Objective: To identify risk factors associated with melanoma skin cancer among PLWH in South Africa from 2004 to 2021.
 
Methods: This study used data from the South African HIV Cancer Match study, a nationwide cohort of PLWH, created through probabilistic record linkage of HIV-related laboratory records from the National Health Laboratory Service and cancer records from the National Cancer Registry from 2004 to 2021. Cohort entry was defined as the date of the first HIV-related laboratory record. Participants were followed from cohort entry until melanoma diagnosis or end of follow-up, whichever occurred first. Hazard ratios (HRs) for melanoma were estimated using Royston–Parmar flexible parametric survival models, adjusting for sex, race, baseline age, CD4 counts, settlement type, latitude of residence, and calendar period.
 
Results: Among 9,415,806 PLWH, 123 were diagnosed with melanoma, with a crude incidence rate of 0.22 per 100,000 person-years (95% confidence interval [CI] = 0.16–0.26). Melanoma incidence decreased between 2010 and 2015, with a 48% lower risk (adjusted hazard ratio [aHR] = 0.52; 95% CI = 0.33–0.80) compared with 2004–2009. Females had a 67% lower risk of developing melanoma compared to males (aHR = 0.33; 95% CI = 0.22–0.49), and White PLWH had 13 times higher melanoma risk than Black PLWH (aHR = 13.25; 95% CI = 8.02–21.87). Melanoma risk increased steeply with age (≥60 years vs <30 years; aHR = 20.90; 95% CI = 9.36–46.70). PLWH with CD4 counts of 200–349 cells/µL and those with CD4 counts ≥500 cells/µL had 2.6 times higher risk of being diagnosed with melanoma than those with <100 cells/µL (aHR = 2.62; 95% CI = 1.25–5.48 and aHR = 2.68; 1.20–5.96, respectively). PLWH living within latitudes 30°S to 34°S had a 29-fold higher risk of melanoma (aHR=28.95; 95% CI=2.65–315.98) than those living within a latitude of <25°S. We found no association between rural or urban settlement type and melanoma risk.

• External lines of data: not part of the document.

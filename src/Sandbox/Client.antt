-- ===== src/Sandbox/Client.antt =====
-- The client that provisions sandboxes (pkg/sandbox/client.go). Polling takes fuel: one unit for
-- each tick of the 100 ms ticker.
use Prim.Native.String.{◌++◌}
use cloud_agent.Common.{
  ℕ, zero, suc, String, Bool, true, false, ◌&&◌, some, none, List, [], ◌∷◌, ◌==◌, nat_eq,
  if◌then◌else◌, trim_suffix, Action, pure, raise, call, attempt, asks, ◌>>=◌, ◌>>◌, Result, ok,
  err, ℤ, map_err, lift, take_bytes, decimal, pos,
}
use cloud_agent.Api.Wire.{Json, str, obj, end, put_string, put_int, field}
use cloud_agent.Cluster.{not_found, failure, message, SandboxObject, HttpRequest, Call, Cluster}

-- `TaskRequest` of pkg/sandbox/http.go
pub record TaskRequest : Type 0 where
  pub task_name : String
  pub callback_token : String
  pub github_token : String
  pub repo_owner : String
  pub repo_name : String
  pub task_owner : String
  pub task_owner_email : String
  pub task_type : String
  pub prompt : String
  pub issue_number : ℤ

-- `json.Marshal(req)`
unfoldable pub request_json : TaskRequest → Json
unfolding put_string put_int
request_json r = obj (
    field "taskName" (str r.task_name) (
      put_string "callbackToken" r.callback_token (
        put_string "githubToken" r.github_token (
          field "repoOwner" (str r.repo_owner) (
            field "repoName" (str r.repo_name) (
              put_string "taskOwner" r.task_owner (
                put_string "taskOwnerEmail" r.task_owner_email (
                  put_string "taskType" r.task_type (
                    field "prompt" (str r.prompt)
                      (put_int "issueNumber" r.issue_number end))))))))))

-- `Sandbox`, the handle; `api_url` is its client's option.
pub record Sandbox : Type 0 where
  pub api_url : String
  pub claim_name : String
  pub sandbox_name : String
  pub pod_name : String
  pub namespace : String
  pub pod_ip : String

-- How code with a loop stops short: with Go's error, or since the model's fuel ran out.
pub data Stop : Type 0 where
  failed : String → Stop
  exhausted : Stop

-- sandbox-template to sandbox-warmpool
unfoldable pub warmpool_of : String → String
warmpool_of template = trim_suffix template "-template" ++ "-warmpool"

abbrev pub namespace_or_default : String → String
namespace_or_default namespace = if namespace == "" then "default" else namespace

unfoldable pub is_ready : List (String × String) → Bool
is_ready [] = false
is_ready ((kind, status) ∷ conditions) =
    if kind == "Ready" && status == "True" then true else is_ready conditions

-- A map lookup, with Go's zero value for a missing key.
unfoldable pub annotation : String → List (String × String) → String
annotation key [] = ""
annotation key ((k, v) ∷ rest) = if k == key then v else annotation key rest

-- The pod's name once the sandbox is ready, and "" before that.
unfoldable pub pod_name_of : SandboxObject → String
pod_name_of o =
    let named = annotation "agents.x-k8s.io/pod-name" o.annotations in
    if is_ready o.conditions then (if named == "" then o.name else named) else ""

unfoldable pub first_or_empty : List String → String
first_or_empty [] = ""
first_or_empty (ip ∷ _) = ip

module _ (cluster : Cluster) where
  -- the closure `cleanup`, whose error is dropped
  unfoldable pub cleanup : String → String → Action Call Stop (Unit {0})
  cleanup namespace claim = do
    attempt (call (Call.delete_claim namespace claim) (λ h. cluster.delete_claim h namespace claim))
    pure tt

  -- the first loop of `CreateSandbox`
  unfoldable pub poll_name : ℕ → String → String → Action Call Stop String
  poll_name zero namespace claim = raise exhausted
  poll_name (suc fuel) namespace claim =
      let again = poll_name fuel namespace claim in
      do
        done ← asks cluster.done
        if done
            then cleanup namespace claim
              >> raise
                  (failed "sandbox: timeout waiting for sandbox name resolution: context canceled")
            else do
              got ←
                  attempt (
                    call (Call.get_claim namespace claim)
                      (λ h. cluster.get_claim h namespace claim))
              elim got [
                | err e ↦
                    cleanup namespace claim
                    >> raise (failed ("sandbox: failed to get SandboxClaim: " ++ message e))
                | ok name ↦ if name == "" then again else pure name
              ]

  -- the second loop
  unfoldable pub poll_pod : ℕ → String → String → String → Action Call Stop (String × List String)
  poll_pod zero namespace claim sandbox = raise exhausted
  poll_pod (suc fuel) namespace claim sandbox =
      let again = poll_pod fuel namespace claim sandbox in
      do
        done ← asks cluster.done
        if done
            then cleanup namespace claim
              >> raise (failed "sandbox: timeout waiting for sandbox readiness: context canceled")
            else do
              got ← attempt (
                  call (Call.get_sandbox namespace sandbox)
                    (λ h. cluster.get_sandbox h namespace sandbox))
              elim got [
                | err e ↦
                    cleanup namespace claim
                    >> raise (failed ("sandbox: failed to get Sandbox: " ++ message e))
                | ok o ↦ if pod_name_of o == "" then again else pure (pod_name_of o, o.pod_ips)
              ]

  -- `CreateSandbox` from the creation of the claim on
  unfoldable pub await_sandbox : ℕ → String → String → String → Action Call Stop Sandbox
  await_sandbox fuel api_url ns claim = do
    sandbox ← poll_name fuel ns claim
    found ← poll_pod fuel ns claim sandbox
    pod ← attempt (call (Call.get_pod ns found.0) (λ h. cluster.get_pod h ns found.0))
    pure (record {
      api_url = api_url;
      claim_name = claim;
      sandbox_name = sandbox;
      pod_name = found.0;
      namespace = ns;
      pod_ip = elim pod [ ok p ↦ p.pod_ip | err _ ↦ first_or_empty found.1 ];
    })

  unfoldable pub create_sandbox : ℕ → String → String → String → Action Call Stop Sandbox
  create_sandbox fuel api_url template namespace =
      if template == "" then raise (failed "sandbox: template name is required") else do
        let ns = namespace_or_default namespace
        claim ←
            map_err (λ e. failed ("sandbox: failed to create SandboxClaim: " ++ message e))
              (call (Call.create_claim ns (warmpool_of template))
                (λ h. cluster.create_claim h ns (warmpool_of template)))
        await_sandbox fuel api_url ns claim

  -- `Close`: a claim that is gone already is closed.
  unfoldable pub close : Sandbox → Action Call String (Unit {0})
  close s = if s.claim_name == "" then pure tt else do
    deleted ← attempt (
        call (Call.delete_claim s.namespace s.claim_name)
          (λ h. cluster.delete_claim h s.namespace s.claim_name))
    elim deleted [
      | ok _ ↦ pure tt
      | err (not_found _) ↦ pure tt
      | err (failure e) ↦ raise ("sandbox: failed to delete claim " ++ s.claim_name ++ ": " ++ e)
    ]

  -- the target of `SubmitTask`, and whether the router is used
  unfoldable pub target_url : Sandbox → Result String (String × Bool)
  target_url s =
      let test_url = cluster.getenv "TEST_SANDBOX_API_URL" in
      if test_url == ""
      then (if s.api_url == ""
          then err "neither TEST_SANDBOX_API_URL nor client APIURL is configured"
          else ok (trim_suffix s.api_url "/" ++ "/task", true))
      else ok (trim_suffix test_url "/" ++ "/task", false)

  unfoldable pub router_headers : Sandbox → Bool → List (String × String)
  router_headers s false = []
  router_headers s true =
      ("X-Sandbox-ID", s.sandbox_name)
      ∷ ("X-Sandbox-Namespace", s.namespace)
      ∷ ("X-Sandbox-Port", "8888")
      ∷ ("X-Sandbox-Pod-IP", s.pod_ip)
      ∷ []

  unfoldable pub submit_task : Sandbox → TaskRequest → Action Call String (Unit {0})
  submit_task s req = do
    target ← lift (target_url s)
    map_err (λ e. "failed to create http request: " ++ e) (lift (cluster.parse_url target.0))
    let request : HttpRequest = record {
      method = "POST";
      url = target.0;
      headers = ("Content-Type", "application/json") ∷ router_headers s target.1;
      credentials = none;
      body = some (request_json req);
    }
    resp ←
        map_err (λ e. "failed to send task request to " ++ target.0 ++ ": " ++ e)
          (call (Call.send request) (λ h. cluster.send h request))
    if nat_eq resp.status 200
        then pure tt
        else raise (
            "task execution returned unexpected status "
            ++ decimal (pos resp.status)
            ++ ": "
            ++ take_bytes 4096 resp.body)

-- `GetSandbox`
unfoldable pub get_sandbox : String → String → String → String → String → Sandbox
get_sandbox api_url claim sandbox pod namespace = record {
  api_url = api_url;
  claim_name = claim;
  sandbox_name = sandbox;
  pod_name = pod;
  namespace = namespace;
  pod_ip = "";
}
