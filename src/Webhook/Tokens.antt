-- ===== src/Webhook/Tokens.antt =====
-- The answer of the token endpoint (`TokenResponse` of pkg/webhook/listener.go).
use cloud_agent.Common.{String, Result, ok, err}
use cloud_agent.Api.{◌>>=◌}
use cloud_agent.Api.Wire.{Json, null, obj, get_string}

pub record TokenResponse : Type 0 where
  pub github_token : String
  pub callback_token : String

-- `json.NewDecoder(body).Decode(&tokenResp)`
unfoldable pub decode_tokens : Json → Result String TokenResponse
unfolding get_string
decode_tokens (obj fs) = do
  github ← get_string "gitHubToken" fs
  callback ← get_string "callbackToken" fs
  ok (record { github_token = github; callback_token = callback })
decode_tokens null = ok (record { github_token = ""; callback_token = "" })
decode_tokens _ = err "json: cannot unmarshal into Go value of type webhook.TokenResponse"
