-- ===== src/Webhook/Client.antt =====
-- The client of the webhook listener (pkg/webhook/client.go), as the orchestrator's process and the
-- sandbox server use it, with the listener's URL (pkg/util/util.go).
use Prim.Native.String.{◌++◌}
use cloud_agent.Common.{
  pos, String, none, some, [], ◌∷◌, ◌==◌, nat_eq, if◌then◌else◌, Action, pure, raise, call, lift,
  map_err, ◌>>=◌, ◌>>◌, take_bytes, decimal,
}
use cloud_agent.Api.Wire.{str, obj, end, field}
use cloud_agent.Webhook.Tokens.{TokenResponse, decode_tokens}
use cloud_agent.Cluster.{HttpRequest, HttpResponse, Call, Cluster}

-- `GetEnvWithDefault`
unfoldable pub get_env_with_default : (String → String) → String → String → String
get_env_with_default getenv key default = if getenv key == "" then default else getenv key

-- `GetWebhookListenerURL`
unfoldable pub webhook_listener_url : (String → String) → String → String
unfolding get_env_with_default
webhook_listener_url getenv namespace =
    get_env_with_default getenv "WEBHOOK_LISTENER_URL"
      ("http://webhook-listener." ++ namespace ++ ".svc.cluster.local:8080")

pub record Client : Type 0 where
  pub url : String
  pub auth_username : String
  pub auth_password : String

unfoldable pub new_client : (String → String) → String → Client
new_client getenv base_url = record {
  url = base_url;
  auth_username = "sandbox-orchestrator";
  auth_password = getenv "TOKENS_AUTH_SECRET";
}

-- the request of `Callback`
unfoldable pub callback_request : Client → String → String → String → HttpRequest
callback_request client callback_token task_name response = record {
  method = "POST";
  url = client.url ++ "/callback";
  headers = ("Content-Type", "application/json") ∷ [];
  credentials = none;
  body = some (
      obj (
        field "taskName" (str task_name)
          (field "callbackToken" (str callback_token) (field "response" (str response) end))));
}

module _ (cluster : Cluster) (client : Client) where
  -- the method `do`: any status but 200 is an error
  unfoldable pub send_request : HttpRequest → Action Call String HttpResponse
  send_request request = do
    resp ← call (Call.send request) (λ h. cluster.send h request)
    if nat_eq resp.status 200
        then pure resp
        else raise (
            "API returned status "
            ++ decimal (pos resp.status)
            ++ ": "
            ++ take_bytes 2048 resp.body)

  unfoldable pub generate_tokens : String → Action Call String TokenResponse
  generate_tokens task_id = do
    let url = client.url ++ "/task/" ++ task_id ++ "/tokens"
    map_err (λ e. "failed to create token request: " ++ e) (lift (cluster.parse_url url))
    let request : HttpRequest = record {
      method = "POST";
      url = url;
      headers = [];
      credentials =
          if client.auth_password == ""
          then none
          else some (client.auth_username, client.auth_password);
      body = none;
    }
    resp ← map_err (λ e. "failed to request tokens: " ++ e) (send_request request)
    document ← map_err (λ e. "failed to decode token response: " ++ e) (lift resp.document)
    map_err (λ e. "failed to decode token response: " ++ e) (lift (decode_tokens document))

  -- `Callback`
  unfoldable pub call_back : String → String → String → Action Call String (Unit {0})
  unfolding callback_request
  call_back callback_token task_name response = do
    let request = callback_request client callback_token task_name response
    map_err (λ e. "failed to create callback request: " ++ e) (lift (cluster.parse_url request.url))
    map_err (λ e. "failed to send callback: " ++ e) (send_request request)
    pure tt
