-- ===== src/Orchestrator/Basic.antt =====
-- The orchestrator's settings, its map of active tasks, and the calls that its functions share
-- (pkg/orchestrator/controller.go).
use Prim.Native.Char.{code}
use Prim.Native.String.{◌++◌}
use cloud_agent.Common.{
  missing_if, ℕ, zero, suc, ◌+◌, ◌-◌, ◌*◌, ◌^◌, ℤ, pos, negsuc, is_zero, ltb, leb, String, Bool,
  true, false, ◌&&◌, Option, none, some, List, [], ◌∷◌, ◌==◌, nat_eq, if◌then◌else◌, Action, pure,
  call, lift, attempt, map_err, ◌>>=◌, ◌>>◌, Result, ok, err, show_list,
}
use cloud_agent.Api.{
  AgentTaskState, AgentTask, AgentTaskSpec, Codec, from_unstructured, to_unstructured,
}
use cloud_agent.Cluster.{message, Event, Call, Cluster}
use cloud_agent.Webhook.Client.{Client, new_client, webhook_listener_url}

-- What a run of the orchestrator is given: the outside, `Unstructured`'s methods, and the fields
-- of `Orchestrator` that never change (`sandbox_url` is the sandbox client's `APIURL`).
pub record Orchestrator : Type 0 where
  pub cluster : Cluster
  pub codec : Codec
  pub namespace : String
  pub sandbox_url : String
  pub max_retries : ℕ
  pub webhook_client : Client

is_digit : ℕ → Bool
is_digit c = leb b'0' c && leb c b'9'

digits_value : ℕ → String → Option ℕ
digits_value acc String.[] = some acc
digits_value acc (String.◌∷◌ c s) =
    let rest = digits_value (acc * 10 + (code c - b'0')) s in
    if is_digit (code c) then rest else none

unsigned : String → Option ℕ
unfolding digits_value is_digit
unsigned s = if s == "" then none else digits_value 0 s

-- `strconv.Atoi`: a sign, digits, and the range of an int64
unfoldable pub atoi : String → Option ℤ
unfolding unsigned
atoi String.[] = none
atoi (String.◌∷◌ c s) =
    if nat_eq (code c) b'-'
    then elim (unsigned s) [
      | none ↦ none
      | some n ↦ if leb n (2 ^ 63) then some (elim n [ zero ↦ pos 0 | suc m ↦ negsuc m ]) else none
    ]
    else elim (unsigned (if nat_eq (code c) b'+' then s else String.◌∷◌ c s)) [
      | none ↦ none
      | some n ↦ if ltb n (2 ^ 63) then some (pos n) else none
    ]

-- `AGENT_RETRY_COUNT`, or no retries where it is missing, no number, or negative
unfoldable pub max_retries_of : (String → String) → ℕ
unfolding atoi
max_retries_of getenv = elim (atoi (getenv "AGENT_RETRY_COUNT")) [
  | none ↦ 0
  | some (pos n) ↦ n
  | some (negsuc _) ↦ 0
]

unfoldable pub new_orchestrator : Cluster → Codec → String → String → Orchestrator
new_orchestrator cluster codec sandbox_url namespace = record {
  cluster = cluster;
  codec = codec;
  namespace = namespace;
  sandbox_url = sandbox_url;
  max_retries = max_retries_of cluster.getenv;
  webhook_client = new_client cluster.getenv (webhook_listener_url cluster.getenv namespace);
}

-- Whether the map `activeTasks` has the task: it holds what was put in and not taken out since.
unfoldable pub is_active : String → List Call → Bool
is_active name [] = false
is_active name (Call.activate task ∷ h) = if task == name then true else is_active name h
is_active name (Call.deactivate task ∷ h) = if task == name then false else is_active name h
is_active name (_ ∷ h) = is_active name h

-- the list `missing` of `validateTask`
unfoldable pub missing_fields : AgentTaskSpec → List String
unfolding missing_if
missing_fields s = missing_if s.prompt "prompt" (
    missing_if s.repo_owner "repoOwner" (
      missing_if s.repo_name "repoName" (
        missing_if s.sandbox_template "sandboxTemplate" (
          let last = missing_if s.task_type "taskType" [] in
          if is_zero s.issue_number then "issueNumber" ∷ last else last))))

unfoldable pub validate_task : AgentTask → Result String (Unit {0})
unfolding missing_fields show_list
validate_task task = elim (missing_fields task.spec) [
  | [] ↦ ok tt
  | name ∷ more ↦ err ("missing required fields: " ++ show_list (name ∷ more))
]

unfoldable pub event_of : AgentTask → String → String → String → Event
event_of task event_type reason text = record {
  generate_name = task.metadata.name ++ "-event-";
  namespace = task.metadata.namespace;
  involved_name = task.metadata.name;
  involved_uid = task.metadata.uid;
  reason = reason;
  message = text;
  event_type = event_type;
}

module _ (o : Orchestrator) where
  open o use {cluster, codec, namespace}

  -- A failure to record the event is only logged.
  unfoldable pub record_event :
      {E : Type 0} → AgentTask → String → String → String → Action Call E (Unit {0})
  record_event task event_type reason text = do
    let event = event_of task event_type reason text
    attempt (call (Call.create_event event) (λ h. cluster.create_event h event))
    pure tt

  -- The result is what `*task` holds afterwards.
  unfoldable pub update_task_status : AgentTask → Action Call String AgentTask
  update_task_status task = do
    u ← lift (to_unstructured codec task)
    first ←
        attempt (call (Call.update_status namespace u) (λ h. cluster.update_status h namespace u))
    updated ← elim first [
      | ok u' ↦ pure u'
      | err _ ↦ map_err message (call (Call.update namespace u) (λ h. cluster.update h namespace u))
    ]
    lift (from_unstructured codec updated)

  unfoldable pub update_task_state : AgentTask → AgentTaskState → Action Call String AgentTask
  update_task_state task state =
      update_task_status (record task { status = record task.status { state = state } })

Conclusion: The association between higher CD4 counts and melanoma risk reflects immune reconstitution and prolonged survival following ART initiation, increasing opportunities for melanoma detection rather than a direct causal effect of immune recovery. Residence further south, indicative of higher seasonal ultraviolet radiation exposure, was associated with an increased risk of melanoma. These findings highlight priority groups for targeted skin cancer surveillance within HIV care, including older PLWH, patients with immune reconstitution on ART, and those residing in southern regions of SA.